WHAT TO PRODUCE: List all lines of the data that include the string "sent".

[Data entries]
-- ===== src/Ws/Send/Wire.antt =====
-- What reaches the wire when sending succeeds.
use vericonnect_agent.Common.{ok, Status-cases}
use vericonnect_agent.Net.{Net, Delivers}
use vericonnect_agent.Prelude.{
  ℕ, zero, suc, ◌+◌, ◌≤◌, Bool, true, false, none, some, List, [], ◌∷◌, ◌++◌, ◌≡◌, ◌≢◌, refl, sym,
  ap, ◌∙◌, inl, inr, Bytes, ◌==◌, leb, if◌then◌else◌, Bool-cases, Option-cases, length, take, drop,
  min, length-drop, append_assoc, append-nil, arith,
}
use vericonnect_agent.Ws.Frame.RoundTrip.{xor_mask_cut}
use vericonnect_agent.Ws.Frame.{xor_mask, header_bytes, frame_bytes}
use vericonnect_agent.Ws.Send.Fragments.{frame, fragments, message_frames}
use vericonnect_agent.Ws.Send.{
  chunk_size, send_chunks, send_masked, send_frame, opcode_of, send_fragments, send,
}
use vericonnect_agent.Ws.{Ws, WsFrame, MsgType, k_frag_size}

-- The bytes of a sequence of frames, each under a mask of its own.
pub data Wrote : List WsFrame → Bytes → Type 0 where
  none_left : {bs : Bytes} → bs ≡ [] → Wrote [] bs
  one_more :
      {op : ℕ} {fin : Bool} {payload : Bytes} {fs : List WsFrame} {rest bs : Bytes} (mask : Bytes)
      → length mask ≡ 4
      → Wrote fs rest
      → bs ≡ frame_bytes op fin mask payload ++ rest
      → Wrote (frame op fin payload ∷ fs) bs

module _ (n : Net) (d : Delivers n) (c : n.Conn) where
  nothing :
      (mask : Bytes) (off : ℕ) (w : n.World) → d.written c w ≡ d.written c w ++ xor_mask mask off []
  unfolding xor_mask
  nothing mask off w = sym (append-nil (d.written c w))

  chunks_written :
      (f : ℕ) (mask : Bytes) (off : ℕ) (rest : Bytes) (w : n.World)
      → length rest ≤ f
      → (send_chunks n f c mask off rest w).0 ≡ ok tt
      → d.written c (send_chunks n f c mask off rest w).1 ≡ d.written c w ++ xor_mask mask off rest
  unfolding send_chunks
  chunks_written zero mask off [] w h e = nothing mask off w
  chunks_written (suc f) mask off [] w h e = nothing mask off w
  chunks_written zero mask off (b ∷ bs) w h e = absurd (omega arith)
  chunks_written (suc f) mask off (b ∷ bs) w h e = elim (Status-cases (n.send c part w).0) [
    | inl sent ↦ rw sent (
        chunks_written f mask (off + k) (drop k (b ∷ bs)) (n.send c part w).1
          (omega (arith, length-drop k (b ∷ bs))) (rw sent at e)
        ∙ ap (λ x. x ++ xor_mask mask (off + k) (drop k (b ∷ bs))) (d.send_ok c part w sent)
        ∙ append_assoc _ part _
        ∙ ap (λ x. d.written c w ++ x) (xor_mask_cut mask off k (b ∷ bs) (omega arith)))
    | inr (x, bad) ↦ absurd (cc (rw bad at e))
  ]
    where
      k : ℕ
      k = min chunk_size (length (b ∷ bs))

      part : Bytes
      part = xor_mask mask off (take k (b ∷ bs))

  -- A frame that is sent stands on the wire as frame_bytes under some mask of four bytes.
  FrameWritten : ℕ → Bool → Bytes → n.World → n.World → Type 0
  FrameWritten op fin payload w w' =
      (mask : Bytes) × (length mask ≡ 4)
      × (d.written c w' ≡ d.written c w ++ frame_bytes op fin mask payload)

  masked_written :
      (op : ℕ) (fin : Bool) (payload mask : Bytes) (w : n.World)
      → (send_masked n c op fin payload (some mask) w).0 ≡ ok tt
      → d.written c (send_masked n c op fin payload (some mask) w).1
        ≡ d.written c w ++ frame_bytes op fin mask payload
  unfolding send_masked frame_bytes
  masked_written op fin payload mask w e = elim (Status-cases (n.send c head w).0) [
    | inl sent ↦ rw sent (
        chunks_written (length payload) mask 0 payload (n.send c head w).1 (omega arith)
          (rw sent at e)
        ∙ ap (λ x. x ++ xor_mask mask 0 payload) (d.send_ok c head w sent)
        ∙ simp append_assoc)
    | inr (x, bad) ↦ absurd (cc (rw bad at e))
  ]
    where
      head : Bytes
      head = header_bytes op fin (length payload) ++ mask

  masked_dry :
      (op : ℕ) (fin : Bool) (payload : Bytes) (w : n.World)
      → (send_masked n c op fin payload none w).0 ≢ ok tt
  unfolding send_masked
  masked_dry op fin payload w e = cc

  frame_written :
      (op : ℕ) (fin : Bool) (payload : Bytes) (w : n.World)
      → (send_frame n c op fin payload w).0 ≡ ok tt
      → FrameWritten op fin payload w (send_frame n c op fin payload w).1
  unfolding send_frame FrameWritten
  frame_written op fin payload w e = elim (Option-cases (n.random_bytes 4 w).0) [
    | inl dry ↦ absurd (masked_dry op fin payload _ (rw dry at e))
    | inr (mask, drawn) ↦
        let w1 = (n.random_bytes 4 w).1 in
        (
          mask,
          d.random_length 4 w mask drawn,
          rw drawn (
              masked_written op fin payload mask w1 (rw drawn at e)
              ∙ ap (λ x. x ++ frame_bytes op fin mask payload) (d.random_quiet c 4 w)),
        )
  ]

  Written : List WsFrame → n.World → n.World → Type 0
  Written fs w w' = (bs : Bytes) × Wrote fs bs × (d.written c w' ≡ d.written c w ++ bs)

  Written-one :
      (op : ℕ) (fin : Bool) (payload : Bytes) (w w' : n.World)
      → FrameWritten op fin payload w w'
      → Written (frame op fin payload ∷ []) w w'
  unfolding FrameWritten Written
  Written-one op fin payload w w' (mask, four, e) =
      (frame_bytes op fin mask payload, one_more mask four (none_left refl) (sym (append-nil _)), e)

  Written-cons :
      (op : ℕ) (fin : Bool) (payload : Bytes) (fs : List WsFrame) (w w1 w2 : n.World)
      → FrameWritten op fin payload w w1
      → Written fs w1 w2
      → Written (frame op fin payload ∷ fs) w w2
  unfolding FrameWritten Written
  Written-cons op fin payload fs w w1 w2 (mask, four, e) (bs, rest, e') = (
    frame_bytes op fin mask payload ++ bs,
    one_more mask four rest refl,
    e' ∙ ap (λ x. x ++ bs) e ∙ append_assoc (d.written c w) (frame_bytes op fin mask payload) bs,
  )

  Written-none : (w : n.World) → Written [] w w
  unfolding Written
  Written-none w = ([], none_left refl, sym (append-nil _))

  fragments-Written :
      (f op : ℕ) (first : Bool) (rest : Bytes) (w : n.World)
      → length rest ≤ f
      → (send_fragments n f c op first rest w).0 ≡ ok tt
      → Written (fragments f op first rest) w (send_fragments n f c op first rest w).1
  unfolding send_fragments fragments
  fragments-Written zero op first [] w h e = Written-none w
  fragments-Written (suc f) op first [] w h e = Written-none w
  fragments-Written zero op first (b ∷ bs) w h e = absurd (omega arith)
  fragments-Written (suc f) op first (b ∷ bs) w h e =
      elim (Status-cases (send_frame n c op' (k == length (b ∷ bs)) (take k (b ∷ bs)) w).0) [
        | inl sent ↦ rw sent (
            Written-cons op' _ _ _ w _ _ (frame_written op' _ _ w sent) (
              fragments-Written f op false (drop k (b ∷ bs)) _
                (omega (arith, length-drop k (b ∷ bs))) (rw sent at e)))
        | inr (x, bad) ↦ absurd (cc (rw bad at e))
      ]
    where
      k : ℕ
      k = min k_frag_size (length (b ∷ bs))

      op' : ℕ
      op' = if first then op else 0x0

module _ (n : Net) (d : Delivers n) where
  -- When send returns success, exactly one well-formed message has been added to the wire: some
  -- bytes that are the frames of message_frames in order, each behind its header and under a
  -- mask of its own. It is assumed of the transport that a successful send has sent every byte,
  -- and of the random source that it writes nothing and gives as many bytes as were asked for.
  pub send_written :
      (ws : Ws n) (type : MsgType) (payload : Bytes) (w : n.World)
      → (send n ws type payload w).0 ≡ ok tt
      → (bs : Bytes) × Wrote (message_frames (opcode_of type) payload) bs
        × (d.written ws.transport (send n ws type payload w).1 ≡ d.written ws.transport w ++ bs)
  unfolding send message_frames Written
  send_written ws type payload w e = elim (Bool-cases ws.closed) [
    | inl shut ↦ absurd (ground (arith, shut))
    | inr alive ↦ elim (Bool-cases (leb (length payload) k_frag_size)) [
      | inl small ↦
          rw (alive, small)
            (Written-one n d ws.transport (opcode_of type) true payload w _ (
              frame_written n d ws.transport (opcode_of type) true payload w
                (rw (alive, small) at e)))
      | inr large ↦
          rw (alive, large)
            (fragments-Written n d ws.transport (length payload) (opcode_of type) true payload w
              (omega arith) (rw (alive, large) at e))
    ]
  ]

REPLY:
    | inl sent ↦ rw sent (
          (omega (arith, length-drop k (b ∷ bs))) (rw sent at e)
        ∙ ap (λ x. x ++ xor_mask mask (off + k) (drop k (b ∷ bs))) (d.send_ok c part w sent)
  -- A frame that is sent stands on the wire as frame_bytes under some mask of four bytes.
    | inl sent ↦ rw sent (
          (rw sent at e)
        ∙ ap (λ x. x ++ xor_mask mask 0 payload) (d.send_ok c head w sent)
        | inl sent ↦ rw sent (
            Written-cons op' _ _ _ w _ _ (frame_written op' _ _ w sent) (
                (omega (arith, length-drop k (b ∷ bs))) (rw sent at e)))
  -- mask of its own. It is assumed of the transport that a successful send has sent every byte,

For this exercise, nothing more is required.